Sent from my iPod touch using Tapatalk


----------



## SpinyNorman

So were your parents married? If so, was their love for each other shallow? If not, that should show you it doesn't need to be. If so, there are plenty of examples of marriages where the love isn't shallow or fickle.

Parents are people, spouses are people. Some of each are good, some of each are evil. So no, I don't think you can generalize about which gives real love.

You seem to have friends, and a wife who loves you dearly(according to you) but you feel alone. That sounds like something is wrong, maybe you can't get over the grief? In any case, consider counselling. There is no shame in that, consider it a favor to those who love you.


----------



## Jung_admirer

A parent's love for a child is unconditional (at least until that child is an adult). The love of one's partner is always conditional based upon agreed boundaries. We choose to love our partner's, and we can make the choice to withhold love. You withhold more of yourself because you feel unsafe with your partner. And therein is the first question: Why do you feel unsafe? Kindest Regards-


----------



## vintagetriplex

Jung_admirer said:


> A parent's love for a child is unconditional (at least until that child is an adult). The love of one's partner is always conditional based upon agreed boundaries. We choose to love our partner's, and we can make the choice to withhold love. You withhold more of yourself because you feel unsafe with your partner. And therein is the first question: Why do you feel unsafe? Kindest Regards-


There is no particular reasons why I feel unsafe. It’s just that I’m so used to the fact that my parents were the only one I really confided in and now that they are gone. I feel alone. 

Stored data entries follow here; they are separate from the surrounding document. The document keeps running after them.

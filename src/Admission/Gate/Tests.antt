-- ===== src/Admission/Gate/Tests.antt =====
-- Runs of the gate on concrete worlds, with a ceiling of 1 and a queue of 2.
use kvmux.Prelude.{◌≡◌, refl, false, [], ◌∷◌, arith}
use kvmux.Admission.Gate.{
  queue_full, assign, returned, enter, World, start, arrive, leave, arrives, leaves, Reach, here,
  next,
}
use kvmux.Admission.Gate.Invariant.{Inv, Reach-Inv}

-- One holds the slot, two wait.
abbrev crowd : World
crowd = record {
  gate = record {
    max_concurrent = 1;
    queue_depth = 2;
    in_flight = 1;
    waiters = 0 ∷ 1 ∷ [];
    granted = assign (assign (λ _. false) 0 false) 1 false;
    next_waiter = 2;
  };
  suspended = 0 ∷ 1 ∷ [];
  holders = 1;
}

crowd_is : arrive (arrive (arrive (start 1 2))) ≡ crowd
unfolding arrive enter
crowd_is = refl

Reach-crowd : Reach (start 1 2) crowd
unfolding arrive enter
Reach-crowd = next (next (next here (arrives refl)) (arrives refl)) (arrives refl)

-- The ticket goes, and the first in the queue has its grant but has not resumed.
served : Reach (start 1 2) (leave crowd)
served = next Reach-crowd (leaves (omega arith) refl)

turned_away : (enter crowd.gate).1 ≡ returned queue_full
unfolding enter
turned_away = refl

Reach-Inv_example : Inv 1 2 (leave crowd)
Reach-Inv_example = Reach-Inv 1 2 served

-- One request came and went.
abbrev calm : World
calm = leave (arrive (start 1 2))

Reach-calm : Reach (start 1 2) calm
unfolding arrive enter
Reach-calm = next (next here (arrives refl)) (leaves (omega arith) refl)
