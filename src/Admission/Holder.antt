-- ===== src/Admission/Holder.antt =====
-- The RAII holders of src/admission/controller.hpp: `BackendSlot` over a limiter and `Ticket` over the
-- gate have the same members. A holder is a pointer that is null or not, here a Bool; all the
-- holders of one resource are a list, and an index is the holder's address.
pub mod Once
use kvmux.Prelude.{
  ℕ, zero, suc, ◌+◌, Bool, true, false, List, [], ◌∷◌, ◌++◌, ◌==◌, if◌then◌else◌, set,
}

-- The value of a pointer in the list; there is none out of range.
unfoldable pub held_at : List Bool → ℕ → Bool
held_at [] i = false
held_at (h ∷ hs) zero = h
held_at (h ∷ hs) (suc i) = held_at hs i

abbrev pub one : Bool → ℕ
one true = 1
one false = 0

abbrev pub held_count : List Bool → ℕ
held_count [] = 0
held_count (h ∷ hs) = one h + held_count hs

-- What a program does with its holders.
pub data Op : Type 0 where
  resets : ℕ → Op
  moves : ℕ → Op
  assigns : ℕ → ℕ → Op

module _ {ℓ} {R : Type ℓ} (release : R → R) where
  -- The resource with its holders.
  abbrev pub Holders : Type ℓ
  Holders = R × List Bool

  -- `reset`, and the destructor.
  unfoldable pub reset : Holders → ℕ → Holders
  reset (r, hs) i = if held_at hs i then (release r, set hs i false) else (r, hs)

  -- The move constructor: a new holder at the end takes the pointer of holder `i`.
  unfoldable pub move_construct : Holders → ℕ → Holders
  move_construct (r, hs) i = (r, set hs i false ++ held_at hs i ∷ [])

  -- `operator=`: holder `i` is assigned from holder `j`.
  unfoldable pub move_assign : Holders → ℕ → ℕ → Holders
  unfolding reset
  move_assign s i j =
      if i == j then s else let (r, hs) = reset s i in (r, set (set hs i (held_at hs j)) j false)

  unfoldable pub step : Holders → Op → Holders
  unfolding move_construct move_assign
  step s (resets i) = reset s i
  step s (moves i) = move_construct s i
  step s (assigns i j) = move_assign s i j

  unfoldable pub run : Holders → List Op → Holders
  run s [] = s
  run s (o ∷ os) = run (step s o) os
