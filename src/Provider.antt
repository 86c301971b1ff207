-- ===== src/Provider.antt =====
-- src/coding_agent/ports/provider.py and src/coding_agent/ports/tool.py: what the loop exchanges with
-- the model and with the tools.
pub mod Validation
pub mod Accepted
mod Examples
use py_coding_agent.Prelude.{ℕ, String, Bool, Option, List}
use py_coding_agent.Prelude.Int.{ℤ}
use py_coding_agent.State.{StopReason}
use py_coding_agent.Message.{ToolCall, ToolResultStatus}

pub data ProviderErrorKind : Type 0 where
  rate_limit timeout invalid_response invalid_request cancelled unavailable : ProviderErrorKind

pub record TokenUsage : Type 0 where
  pub input_tokens : Option ℕ
  pub output_tokens : Option ℕ

pub record ModelResponse : Type 0 where
  pub content : String
  pub stop_reason : StopReason
  pub tool_calls : List ToolCall
  pub usage : Option TokenUsage
  pub response_id : String

pub record ToolOutcome : Type 0 where
  pub status : ToolResultStatus
  pub content : String
  pub artifact_ref : Option String
  pub error_kind : Option String
  pub retryable : Option Bool
  pub exit_code : Option ℤ
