-- ===== src/Context/Truncation.antt =====
-- src/coding_agent/context/truncation.py: a long output of a tool is shown in part, and kept in a file.
use Prim.Native.Char.{Char, code}
use py_coding_agent.Prelude.{
  ℕ, ◌+◌, ◌-◌, String, Bool, true, ◌||◌, Option, none, some, leb, ltb, ◌==◌, str_eq, if◌then◌else◌,
}
use py_coding_agent.Prelude.Text.{join, is_empty, text_length, text_take, text_last, replace_all}
use py_coding_agent.Result.{Result, ok, err}
use py_coding_agent.Provider.{ToolOutcome}

pub data TruncationStrategy : Type 0 where
  head tail head_tail : TruncationStrategy

-- `int(budget * head_ratio)` is an argument of the operations, since the ratio is a float
pub record DisplayedOutput : Type 0 where
  pub text : String
  pub omitted_count : ℕ
  pub artifact_ref : Option String
  pub strategy : TruncationStrategy

abbrev pub marker_reserve : ℕ
marker_reserve = 200

-- what the policy's checks raise
pub data PolicyError : Type 0 where
  max_chars_too_small bad_head_ratio : PolicyError

-- `TruncationPolicy.__post_init__`; `ratio_ok` is `0.0 < head_ratio < 1.0`
unfoldable pub check_policy : ℕ → Bool → Result PolicyError ℕ
check_policy max_chars ratio_ok =
    if leb max_chars marker_reserve
    then err max_chars_too_small
    else if ratio_ok
    then ok max_chars
    else err bad_head_ratio

unfoldable pub choose_strategy : String → Option String → TruncationStrategy
choose_strategy kind (some error_kind) = TruncationStrategy.tail
choose_strategy kind none =
    if str_eq kind "read" then TruncationStrategy.head else TruncationStrategy.head_tail

unfoldable pub at_least_one : ℕ → ℕ
at_least_one n = if ltb n 1 then 1 else n

abbrev ref_text : Option String → String
ref_text none = "not stored (storage unavailable)"
ref_text (some ref) = ref

-- the parts that are kept, with the marker between them: the text, and how much of the output it keeps
unfoldable pub cut_output : (ℕ → ℕ) → TruncationStrategy → ℕ → String → String → String × ℕ
cut_output head_share TruncationStrategy.head budget mark output =
    let kept = text_take budget output in (join kept (join "\n" mark), text_length kept)
cut_output head_share TruncationStrategy.tail budget mark output =
    let kept = text_last budget output in (join mark (join "\n" kept), text_length kept)
cut_output head_share TruncationStrategy.head_tail budget mark output =
    let head_budget = at_least_one (head_share budget) in
    let first = text_take head_budget output in
    let last = text_last (at_least_one (budget - head_budget)) output in
    (join first (join "\n" (join mark (join "\n" last))), text_length first + text_length last)

module _ (show : ℕ → String) where
  unfoldable pub marker : ℕ → Option String → String
  marker omitted ref =
      join "[... "
        (join (show omitted) (join " characters omitted; full output: " (join (ref_text ref) "]")))

  -- the output that is longer than `max_chars`, given the reference to its copy
  unfoldable pub shortened_output :
      (ℕ → ℕ) → ℕ → TruncationStrategy → Option String → String → DisplayedOutput
  shortened_output head_share max_chars strategy ref output =
      let budget = at_least_one (max_chars - marker_reserve) in
      let mark = marker (text_length output - budget) ref in
      let (text, kept) = cut_output head_share strategy budget mark output in
      let omitted = text_length output - kept in
      record {
        text = replace_all mark (marker omitted ref) text;
        omitted_count = omitted;
        artifact_ref = ref;
        strategy = strategy;
      }

  -- `write` puts a text under a name below the artifact directory, in the state `W` of the file system,
  -- and says whether it could; `new_name` is the uuid's part of the name, `is_alnum` is `str.isalnum`
  module _ {W : Type 0} (is_alnum : Char → Bool) (write : String → String → W → Bool × W) where
    -- `ch.isalnum() or ch in "-_"`
    unfoldable pub allowed : Char → Bool
    allowed c = is_alnum c || code c == 45 || code c == 95

    abbrev allowed_only : String → String
    allowed_only String.[] = String.[]
    allowed_only (String.◌∷◌ c s) =
        let rest = allowed_only s in if allowed c then String.◌∷◌ c rest else rest

    -- `_safe_kind`
    unfoldable pub safe_kind : String → String
    safe_kind kind =
        let cleaned = allowed_only kind in if is_empty cleaned then "output" else cleaned

    -- the text of the copy, which has its own limit
    abbrev copy_of : ℕ → String → String
    copy_of max_content content =
        if ltb max_content (text_length content)
        then join (text_take max_content content)
            (join "\n[... artifact copy truncated at " (join (show max_content) " characters]"))
        else content

    -- `store_full_output`: the reference to the copy, if it could be written
    unfoldable pub store_full_output : ℕ → String → String → String → W → Option String × W
    store_full_output max_content new_name kind content w =
        let file_name = join (safe_kind kind) (join "-" (join new_name ".txt")) in
        let (written, w') = write file_name (copy_of max_content content) w in
        (if written then some (join ".coding-agent/artifacts/" file_name) else none, w')

    -- `truncate`; without a workspace, nothing is stored
    unfoldable pub truncate :
        (ℕ → ℕ) → ℕ → ℕ → Bool → String → String → String → Option String → W → DisplayedOutput × W
    truncate head_share max_chars max_content has_workspace new_name kind output error_kind w =
        let strategy = choose_strategy kind error_kind in
        let (stored, w') = store_full_output max_content new_name kind output w in
        if leb (text_length output) max_chars
        then (
          record { text = output; omitted_count = 0; artifact_ref = none; strategy = strategy },
          w,
        )
        else if has_workspace
        then (shortened_output head_share max_chars strategy stored output, w')
        else (shortened_output head_share max_chars strategy none output, w)

    abbrev or_ref : Option String → Option String → Option String
    or_ref (some ref) other = if is_empty ref then other else some ref
    or_ref none other = other

    -- `process`, on the outcome of a call of the tool `kind`
    unfoldable pub process : (ℕ → ℕ) → ℕ → ℕ → String → String → ToolOutcome → W → ToolOutcome × W
    process head_share max_chars max_content new_name kind outcome w =
        let (shown, w') =
          truncate head_share max_chars max_content true new_name kind outcome.content
            outcome.error_kind w in
        (
          record outcome {
            content = shown.text;
            artifact_ref = or_ref shown.artifact_ref outcome.artifact_ref;
          },
          w',
        )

Sent from my iPod touch using Tapatalk


----------



## Diana7

vintagetriplex said:


> I’ve always believed in my parents love and gods love more then love in marriage.
> 
> believe that my parents love were more real and love in marriage was shallow. I always think that your spouse will love you as long as you have the perfect body and you maintain a good appearance. One of the reasons why people have affairs is because their spouse is not as physically attractive as they use to be when they just got married so they look for someone else who look better and they fall in love with the person and do god knows what behind their spouses back. I believe that the only reason why my wife loves me dearly now is because I’m in perfect physical shape and her love is not real. And since my parents are both gone now, I feel alone and I don’t trust my spouse so I’m independent as possible and I try not to be too comfortable with my spouse. And I keep contact with friends and go out frequently with them so I’m not completely alone. And I attend church alone frequently. That’s one of the things I do during my alone times. Since my parents are gone now, even tho I’m married, it’s up to me to look after my self and I should be self reliant and I don’t think my spouse will have my back and if I get sick or become handicapped or something, I like to assume that my spouse will leave me in the ditch.
> 
> Would you agree that your parents love is more real ?
> 
> 
> Sent from my iPod touch using Tapatalk


It depends, some parents are awful, some are great. Some spouses are awful, some are great. There are many different types of love, one isn't always better or stronger than the other, apart from Gods love which is all powerful and ever lasting. 
It sounds to me as if your marriage isnt very happy, and that is a seperate issue. 
You are more or less saying that your wifes love is shallow and temporary, what makes you think that?


----------



## Diana7

vintagetriplex said:


> There is no particular reasons why I feel unsafe. It’s just that I’m so used to the fact that my parents were the only one I really confided in and now that they are gone. I feel alone.
> 
> 
> Sent from my iPod touch using Tapatalk


In that case you didnt cut the emotional ties from your parents and join to your wife as you should have done.


----------



## Diana7

vintagetriplex said:


> Because I trusted my parents more and love from parents is unconditional.
> 
> 
> Sent from my iPod touch using Tapatalk


Why dont you trust your wife? Has she given you reason not to trust her? '


----------



## vintagetriplex

Diana7 said:


> In that case you didnt cut the emotional ties from your parents and join to your wife as you should have done.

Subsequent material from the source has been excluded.